After a futile night of searching, Remo had finally given up hope of finding Judith White on his own. Defeated, he had returned home. Morning found Remo sitting morosely in his living room watching the back of Chiun's head.

The Master of Sinanju had brought a quill, an ink bottle and a few sheets of parchment down from his bedchambers. Sitting cross-legged on the floor, the old Korean was writing furiously. Every time Remo tried to steal a peek at what he was writing, Chiun hunched forward, blocking the papers with his frail body.

Remo finally gave up trying to see and instead turned his attention to the wide-screen TV, hoping for some fresh news concerning Judith White. If the latest reports were to be believed, there was nothing.

"I should have stapled one of those radio tags to her ear like they do on Wild Kingdom," Remo grumbled.

"Shush," the Master of Sinanju admonished. The great plume of his quill swooped gracefully. Remo couldn't take it anymore.

He was sitting on the floor a few feet behind Chiun. He leaned forward as he had before in order to get a glimpse of the parchment. Mirroring his pupil's movements, the old man tipped farther over. As soon as he'd lowered himself enough, Remo slapped both palms to the floor and unscissored his legs. He executed a flawless somersault, twisting in midair. Briefly, both men were back-to-back as Remo slipped over his teacher. He dropped back, cross-legged to the floor.

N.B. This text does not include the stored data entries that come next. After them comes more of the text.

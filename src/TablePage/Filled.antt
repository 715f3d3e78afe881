-- ===== src/TablePage/Filled.antt =====
-- The page after an insert of storage/access/table_page.go: it is sound again, and it stores what the
-- page before it stored, with the new tuple in its slot.
use samehada_db.Base.{
  ℕ, ◌+◌, ◌-◌, ◌*◌, ◌%◌, ◌≤◌, ◌<◌, List, length, ltb, ◌==◌, if◌then◌else◌, ◌≡◌, refl, arith, get_or,
  ◌≢◌, ◌⊎◌, inl, inr, ap, ◌∙◌, Bool-cases,
}
use samehada_db.Bytes.{le32, u32, copy_at, word32}
use samehada_db.Bytes.Slices.{
  length-copy_at, get_or-copy_at, list_ext, length-slice, get_or-slice, get_or-past,
}
use samehada_db.Bytes.Words.{word32-copy_self, word32-copy_ne}
use samehada_db.Page.{Page, delete_mask, set_tuple_count, copy_header}
use samehada_db.Page.Slots.{fsp_of, count_of, offset_of, size_of, IsPage}
use samehada_db.TablePage.View.{live, stored, tuple_bytes, IsUsed, IsSound, tuple_bytes-eq}
use samehada_db.TablePage.Fill.{
  filled, IsPage-filled, count-filled, fsp-filled, size-filled_self, offset-filled_self,
  size-filled_ne, offset-filled_ne, byte-filled,
}

-- What the writes of an insert change.
pub record Filled (p q : Page) (slot f : ℕ) (bytes : List ℕ) : Type 0 where
  page : IsPage q
  pointer : fsp_of q ≡ f
  count : count_of q ≡ (if slot == count_of p then count_of p + 1 else count_of p)
  own_size : size_of q slot ≡ length bytes
  own_offset : offset_of q slot ≡ f
  size : (i : ℕ) → i ≢ slot → 32 + 8 * i ≤ f → size_of q i ≡ size_of p i
  offset : (i : ℕ) → i ≢ slot → 32 + 8 * i ≤ f → offset_of q i ≡ offset_of p i
  byte :
      (j : ℕ)
      → f ≤ j
      → get_or q.bytes j 0
        ≡ (if ltb j (f + length bytes) then get_or bytes (j - f) 0 else get_or p.bytes j 0)

abbrev pub counted : Page → ℕ → Page → Page
counted p slot q = if slot == count_of p then set_tuple_count q (u32 (count_of p + 1)) else q

pub Filled-counted :
    (p : Page) (page : IsPage p) (slot f : ℕ) (bytes : List ℕ)
    → (room : 32 + 8 * slot ≤ f) → (fits : f + length bytes ≤ 4096) → slot ≤ count_of p
    → count_of p < 4096
    → Filled p (counted p slot (filled p page slot f bytes room fits)) slot f bytes
unfolding set_tuple_count copy_header
Filled-counted p page slot f bytes room fits within few = elim (Bool-cases (slot == count_of p)) [
  | inr old ↦ rw old (record {
    page = IsPage-filled p page slot f bytes room fits;
    pointer = fsp-filled p page slot f bytes room fits;
    count = rw old (count-filled p page slot f bytes room fits);
    own_size = size-filled_self p page slot f bytes room fits;
    own_offset = offset-filled_self p page slot f bytes room fits;
    size = size-filled_ne p page slot f bytes room fits;
    offset = offset-filled_ne p page slot f bytes room fits;
    byte = byte-filled p page slot f bytes room fits;
  })
  | inl fresh ↦ rw fresh (record {
    page = length-copy_at 20 (le32 c) q.bytes ∙ len;
    pointer =
        word32-copy_ne 20 (le32 c) q.bytes 16 (inl (omega arith))
        ∙ fsp-filled p page slot f bytes room fits;
    count = word32-copy_self 20 c q.bytes (omega (arith, len)) ∙ rw fresh (omega arith);
    own_size = kept (28 + 8 * slot) (omega arith) ∙ size-filled_self p page slot f bytes room fits;
    own_offset =
        kept (24 + 8 * slot) (omega arith) ∙ offset-filled_self p page slot f bytes room fits;
    size = λ i ne h.
        kept (28 + 8 * i) (omega arith) ∙ size-filled_ne p page slot f bytes room fits i ne h;
    offset = λ i ne h.
        kept (24 + 8 * i) (omega arith) ∙ offset-filled_ne p page slot f bytes room fits i ne h;
    byte = λ j h. ground (
      arith,
      get_or-copy_at 20 (le32 c) q.bytes j,
      four,
      byte-filled p page slot f bytes room fits j h,
    );
  })
]
  where
    q : Page
    q = filled p page slot f bytes room fits

    len : IsPage q
    len = IsPage-filled p page slot f bytes room fits

    c : ℕ
    c = u32 (count_of p + 1)

    four : length (le32 c) ≡ 4
    four = unfold le32 in refl

    kept : (at : ℕ) → 24 ≤ at → word32 (copy_at 20 (le32 c) q.bytes) at ≡ word32 q.bytes at
    kept at h = word32-copy_ne 20 (le32 c) q.bytes at (ground (arith, four))

module _ (p q : Page) (slot : ℕ) (bytes : List ℕ) (s : IsSound p)
    (room : 32 + 8 * count_of p + length bytes ≤ fsp_of p) (within : slot ≤ count_of p)
    (unused : slot < count_of p → size_of p slot ≡ 0) (some_bytes : 0 < length bytes)
    (w : Filled p q slot (fsp_of p - length bytes) bytes) where
  -- A used slot of the new page is the new one, or was used before with the same words.
  cases :
      (i : ℕ)
      → IsUsed q i
      → ((i ≡ slot) × (size_of q i ≡ length bytes) × (offset_of q i ≡ fsp_of p - length bytes))
        ⊎ ((i ≢ slot) × IsUsed p i × (size_of q i ≡ size_of p i) × (offset_of q i ≡ offset_of p i))
  cases i u = elim (Bool-cases (i == slot)) [
    | inl e ↦ let e' : i ≡ slot = ground arith in inl (e', (rw e' w.own_size), (rw e' w.own_offset))
    | inr e ↦
        let ne : i ≢ slot = ground arith in
        let before : i < count_of p = ground (arith, w.count, u) in
        let same = w.size i ne (omega (arith, before, room)) in
        inr (ne, (before, (λ z. u.1 (same ∙ z))), same, w.offset i ne (omega (arith, before, room)))
  ]

  before : (i : ℕ) → i < count_of q → i ≢ slot → i < count_of p
  before i h ne = ground (arith, w.count)

  small : (i : ℕ) → i < count_of q → size_of q i < 4294967296
  small i h = elim (Bool-cases (i == slot)) [
    | inl e ↦
        let e' : i ≡ slot = ground arith in rw e' (omega (arith, w.own_size, room, s.pointer_fits))
    | inr e ↦
        let ne : i ≢ slot = ground arith in
        let old = before i h ne in
        omega (arith, w.size i ne (omega (arith, old, room)), s.words i old)
  ]

  pub IsSound-Filled : IsSound q
  IsSound-Filled = record {
    page = w.page;
    slots_fit = ground (arith, w.count, w.pointer, room);
    pointer_fits = omega (arith, w.pointer, s.pointer_fits);
    words = small;
    nonempty = λ i u. ground (arith, cases i u, s.nonempty i, room, s.pointer_fits);
    inside = λ i u. ground (arith, cases i u, s.inside i, room, s.pointer_fits, w.pointer);
    apart = λ i j u v ne.
        ground
          (arith, cases i u, cases j v, s.inside i, s.inside j, s.apart i j, room, s.pointer_fits);
  }

  own_bytes : tuple_bytes q slot ≡ bytes
  unfolding tuple_bytes
  own_bytes =
      let f : ℕ = fsp_of p - length bytes in
      let n : length bytes % delete_mask ≡ length bytes = omega (arith, room, s.pointer_fits) in
      rw (w.own_size, w.own_offset, n)
        (list_ext _ bytes
          (omega (arith, length-slice f (f + length bytes) q.bytes, w.page, room, s.pointer_fits))
          λ i. ground (
            arith,
            get_or-slice f (f + length bytes) q.bytes i,
            w.byte (f + i) (omega arith),
            get_or-past bytes i,
            ap (λ k. get_or bytes k 0) (add_sub f i),
          ))
    where
      add_sub : (a b : ℕ) → a + b - a ≡ b
      add_sub a b = omega arith

  old_bytes : (i : ℕ) → i ≢ slot → IsUsed p i → tuple_bytes q i ≡ tuple_bytes p i
  old_bytes i ne u =
      let (low, high) = s.inside i u in
      let o = w.offset i ne (omega (arith, u.0, room)) in
      let z = w.size i ne (omega (arith, u.0, room)) in
      tuple_bytes-eq p q i s.page w.page (ap (λ k. k % delete_mask) z) high (omega (arith, o))
        λ k h. rw o (ground (arith, w.byte (offset_of p i + k) (omega arith), low, room))

  -- The slots after the insert.
  pub stored-Filled : (i : ℕ) → stored q i ≡ (if i == slot then live bytes else stored p i)
  unfolding stored
  stored-Filled i = elim (Bool-cases (i == slot)) [
    | inl e ↦
        let e' : i ≡ slot = ground arith in
        rw e' (ground (arith, w.own_size, w.count, own_bytes, room, s.pointer_fits))
    | inr e ↦
        let ne : i ≢ slot = ground arith in
        elim (Bool-cases (ltb i (count_of p))) [
          | inl old ↦
              let old' : i < count_of p = ground arith in
              let z = w.size i ne (omega (arith, old', room)) in
              ground (arith, w.count, z, old_bytes i ne)
          | inr new ↦ ground (arith, w.count)
        ]
  ]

"Ow." Remo cringed, now face-to-horrified-face with the wizened Korean. He clapped a hand to his injured shoulder even as he read some of the upsidedown words on Chiun's parchment. "How are you eclipsing Na-Kup?" he asked.

The Master of Sinanju's shocked expression flashed to anger. "None of your business," he retorted. He snatched the parchments to him. Flipping them over, he hugged the papers to his narrow chest. "Instead of irritating me with acts of childish acrobatics, why not do something useful? The rain gutters need cleaning."

"Gonna hire someone," Remo informed him.

"Why? It is a job for a street arab or other common vulgarian. I will buy you a ladder."

"I think I liked you better when you were writing screenplays," Remo said as he pushed himself to his feet. A fresh ache ran from shoulder to chest along his healed scars. He headed for the livingroom door.

As he passed the phone, it rang. When Remo scooped it up, Chiun was already spreading his parchments out once more.

"Judith White has been seen," Smith announced without preamble.

"Where?" Remo demanded.

"In Concord," Smith explained rapidly. "She had made a nest for herself in the same field where the BETA Bos camelus-whitus exchange was supposed to take place."

"I'm on my way."

"Wait," Smith called quickly. "She escaped on foot."

"Dammit," Remo complained, jamming the phone back to his ear.

"It is not as dire as it sounds," Smith explained. "She apparently feeds at night. I suspected as much before. That is why most of the murders took place after dark. She is no longer accustomed to daylight hours, as is a normal human."

"She's not a freaking vampire, Smitty."

"She might just as well be," Smith replied. "For in daylight, she is exposed. People will see her. More so now that she has been identified as the killer."

"But we still don't know where she is," Remo argued.

"We cannot pinpoint a precise location," Smith agreed, "but there have been three sightings since the incident this morning. One in Minute Man National Historic Park, one in Winchester and the third in the woods near Middlesex Fells Reservoir. She appears to be heading back to Boston."

"I thought she was the thinking man's animal." Remo frowned. "Doesn't she know there are hunters everywhere around here? What's she doing coming back?"

"I could not begin to speculate," Smith said. "But that appears to be the pattern. Do you still have your Department of Agriculture identification?"

"Yeah, why?"

"I am sending an unmarked state police car for you and Chiun. It would be simpler if the officers believe you to be agriculture agents."